Peter Deptula1, Dung Nguyen1 1Stanford University; Palo Alto, California.
Background: The use of the omental fat-augmented free flap (O-FAFF) has been described as a means for autologous breast reconstruction. Unlike traditional abdominal-based free flaps, this technique involves laparoscopic harvest of intraabdominal tissues. We aim to assess the O-FAFF donor site morbidity in terms of patient reported post-operative pain and narcotic use.
Methods: A retrospective analysis of patients undergoing immediate autologous breast reconstruction with O-FAFF technique was performed from 2019-2020. Patients were evaluated for demographic data, operative time, complications, mean pain scores and narcotic pain medication use during their hospital course. Pain was evaluated on a 1-10 scale. Patient narcotic use was recorded as oral morphine equivalents (OME). We compared outcomes to a control group of patients who underwent autologous breast reconstruction with free abdominal tissue transfer. Statistical analysis was performed using two-tailed t-test with p<0.05 indicating statistical significance.

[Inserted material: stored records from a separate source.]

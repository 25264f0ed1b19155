-- ===== src/Mitre/Order.antt =====
-- `classify` answers at most 12 entries of the table, in the order of their keys.
use ids_bachelor_thesis.Prelude.{
  ℕ, zero, suc, ◌≤◌, ◌≡◌, refl, inl, inr, ◌||◌, true, false, String, Option, none, some, List, [],
  ◌∷◌, ◌++◌, arith, length, Bool-cases, ◌==◌, number_test, text_test,
}
use ids_bachelor_thesis.Text.{codes}
use ids_bachelor_thesis.Mitre.Table.{Technique}
use ids_bachelor_thesis.Mitre.Defs.{
  technique_of, has_technique, add_technique, collect, text_leb, key_leb, insert_sorted, sorted,
  take, classify,
}

text_leb_total : (s t : List ℕ) → text_leb s t ≡ false → text_leb t s ≡ true
unfolding text_leb
text_leb_total [] t h = ground arith
text_leb_total (a ∷ s) [] h = refl
text_leb_total (a ∷ s) (b ∷ t) h = ground (arith, text_leb_total s t)

key_leb_total : (a b : Technique) → key_leb a b ≡ false → key_leb b a ≡ true
unfolding key_leb
key_leb_total a b h = ground (arith, text_leb_total (codes a.technique) (codes b.technique))

abbrev Below : Technique → List Technique → Type 0
Below e [] = Unit
Below e (x ∷ xs) = key_leb e x ≡ true

-- Each key is at most the next one.
abbrev pub IsOrdered : List Technique → Type 0
IsOrdered [] = Unit
IsOrdered (e ∷ es) = Below e es × IsOrdered es

-- No technique occurs twice.
abbrev pub IsDistinct : List Technique → Type 0
IsDistinct [] = Unit
IsDistinct (e ∷ es) = (has_technique e.technique es ≡ false) × IsDistinct es

insert_sorted-Below :
    (x e : Technique) (es : List Technique)
    → key_leb x e ≡ true
    → Below x es
    → Below x (insert_sorted e es)
unfolding insert_sorted
insert_sorted-Below x e [] h b = h
insert_sorted-Below x e (y ∷ es) h b = elim (Bool-cases (key_leb e y)) [
  | inl first ↦ rw first h
  | inr later ↦ rw later b
]

insert_sorted-IsOrdered :
    (e : Technique) (es : List Technique) → IsOrdered es → IsOrdered (insert_sorted e es)
unfolding insert_sorted
insert_sorted-IsOrdered e [] h = (tt, tt)
insert_sorted-IsOrdered e (x ∷ es) h = elim (Bool-cases (key_leb e x)) [
  | inl first ↦ rw first (first, h)
  | inr later ↦
      rw later
        (insert_sorted-Below x e es (key_leb_total e x later) h.0, insert_sorted-IsOrdered e es h.1)
]

has_technique-insert_sorted :
    (t : String) (e : Technique) (es : List Technique)
    → has_technique t (insert_sorted e es) ≡ has_technique t (e ∷ es)
unfolding insert_sorted has_technique
has_technique-insert_sorted t e [] = refl
has_technique-insert_sorted t e (x ∷ es) = ground (arith, has_technique-insert_sorted t e es)

insert_sorted-IsDistinct :
    (e : Technique) (es : List Technique)
    → has_technique e.technique es ≡ false
    → IsDistinct es
    → IsDistinct (insert_sorted e es)
unfolding insert_sorted has_technique
insert_sorted-IsDistinct e [] new h = (refl, tt)
insert_sorted-IsDistinct e (x ∷ es) new h = elim (Bool-cases (key_leb e x)) [
  | inl first ↦ rw first (new, h)
  | inr later ↦ rw later (
    ground (
      arith,
      has_technique-insert_sorted x.technique e es,
      text_test.test_iff e.technique x.technique,
      text_test.test_iff x.technique e.technique,
    ),
    insert_sorted-IsDistinct e es (ground arith) h.1,
  )
]

has_technique-sorted :
    (t : String) (es : List Technique) → has_technique t (sorted es) ≡ has_technique t es
unfolding sorted has_technique
has_technique-sorted t [] = refl
has_technique-sorted t (e ∷ es) =
    ground (arith, has_technique-insert_sorted t e (sorted es), has_technique-sorted t es)

sorted-IsOrdered : (es : List Technique) → IsOrdered (sorted es)
unfolding sorted
sorted-IsOrdered [] = tt
sorted-IsOrdered (e ∷ es) = insert_sorted-IsOrdered e (sorted es) (sorted-IsOrdered es)

sorted-IsDistinct : (es : List Technique) → IsDistinct es → IsDistinct (sorted es)
unfolding sorted
sorted-IsDistinct [] h = tt
sorted-IsDistinct (e ∷ es) h =
    insert_sorted-IsDistinct e (sorted es) (rw (has_technique-sorted e.technique es) h.0)
      (sorted-IsDistinct es h.1)

has_technique-append :
    (t : String) (es : List Technique) (e : Technique)
    → has_technique t (es ++ e ∷ []) ≡ (has_technique t es || e.technique == t)
unfolding has_technique
has_technique-append t [] e = ground arith
has_technique-append t (x ∷ es) e = ground (arith, has_technique-append t es e)

append-IsDistinct :
    (es : List Technique) (e : Technique)
    → has_technique e.technique es ≡ false
    → IsDistinct es
    → IsDistinct (es ++ e ∷ [])
unfolding has_technique
append-IsDistinct [] e new h = (refl, tt)
append-IsDistinct (x ∷ es) e new h = (
  ground (
    arith,
    has_technique-append x.technique es e,
    text_test.test_iff e.technique x.technique,
    text_test.test_iff x.technique e.technique,
  ),
  append-IsDistinct es e (ground arith) h.1,
)

add_technique-IsDistinct :
    (found : List Technique) (o : Option Technique)
    → IsDistinct found
    → IsDistinct (add_technique found o)
unfolding add_technique
add_technique-IsDistinct found none h = h
add_technique-IsDistinct found (some e) h = elim (Bool-cases (has_technique e.technique found)) [
  | inl old ↦ rw old h
  | inr new ↦ rw new (append-IsDistinct found e new h)
]

collect-IsDistinct :
    (reasons : List String) (found : List Technique)
    → IsDistinct found
    → IsDistinct (collect found reasons)
unfolding collect
collect-IsDistinct [] found h = h
collect-IsDistinct (r ∷ reasons) found h =
    collect-IsDistinct reasons (add_technique found (technique_of r))
      (add_technique-IsDistinct found (technique_of r) h)

take-Below : (n : ℕ) (e : Technique) (es : List Technique) → Below e es → Below e (take n es)
unfolding take
take-Below zero e es h = tt
take-Below (suc n) e [] h = tt
take-Below (suc n) e (x ∷ es) h = h

take-IsOrdered : (n : ℕ) (es : List Technique) → IsOrdered es → IsOrdered (take n es)
unfolding take
take-IsOrdered zero es h = tt
take-IsOrdered (suc n) [] h = tt
take-IsOrdered (suc n) (e ∷ es) h = (take-Below n e es h.0, take-IsOrdered n es h.1)

has_technique-take :
    (n : ℕ) (t : String) (es : List Technique)
    → has_technique t es ≡ false
    → has_technique t (take n es) ≡ false
unfolding take has_technique
has_technique-take zero t es h = refl
has_technique-take (suc n) t [] h = refl
has_technique-take (suc n) t (e ∷ es) h = ground (arith, has_technique-take n t es)

take-IsDistinct : (n : ℕ) (es : List Technique) → IsDistinct es → IsDistinct (take n es)
unfolding take
take-IsDistinct zero es h = tt
take-IsDistinct (suc n) [] h = tt
take-IsDistinct (suc n) (e ∷ es) h =
    (has_technique-take n e.technique es h.0, take-IsDistinct n es h.1)

length-take : (n : ℕ) (es : List Technique) → length (take n es) ≤ n
unfolding take
length-take zero es = omega arith
length-take (suc n) [] = omega arith
length-take (suc n) (e ∷ es) = let h = length-take n es in ground arith

-- `classify` answers at most 12 techniques, none of them twice, by tactic and then by technique.
pub classify-IsOrdered :
    (reasons : List String)
    → IsOrdered (classify reasons)
      × IsDistinct (classify reasons)
      × (length (classify reasons) ≤ 12)
unfolding classify
classify-IsOrdered reasons =
    let found = collect [] reasons in
    (
      take-IsOrdered 12 (sorted found) (sorted-IsOrdered found),
      take-IsDistinct 12 (sorted found)
          (sorted-IsDistinct found (collect-IsDistinct reasons [] tt)),
      length-take 12 (sorted found),
    )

Results: A total of 7 patients undergoing O-FAFF were identified (n=7). Patients on average were 48.1 years-old with an average BMI of 22.3 kg/m2. Indications for operation included invasive ductal carcinoma (42.9%), ductal carcinoma in situ (28.5%), BRCA1 mutation (14.3%), and malignant phyllodes (14.3%). Average harvested omental weight was 158.9 g and average free fat transfer was 119.3g. 4 patients underwent unilateral procedures while, 3 underwent bilateral procedures. Average operative time for all cases was 558 (±39.2) minutes with an omental harvest time of 227 (±6.1) minutes. Average pain scores during hospital during POD1, POD2, POD3 were 3.1 (±0.38), 2.8 (±0.27) and 2.2 (±0.54), respectively. The average narcotic use by patients in oral morphine equivalents (OME) on POD1, POD2 and POD3 are 17.1 (±6.5), 15.5 (±6.6) and 4.8 (±2.68), respectively. Total narcotic use during hospital stay was 71.3 (±14.2) OME. No patients required the use of a PCA (0.0%). No complications were noted (0.0%). Average pain scores and narcotic use are significantly lower when compared to previously published cohort of patients who underwent autologous breast reconstruction with free abdominal tissue transfer (p<0.05) (Table 1).
Conclusion: The O-FAFF is proven to be a viable method of autologous breast reconstruction. Early series of patients undergoing O-FAFF reconstruction suggest a lower donor site morbidity as demonstrated by lower post-operative pain scores and lower consumptions of narcotic pain medications.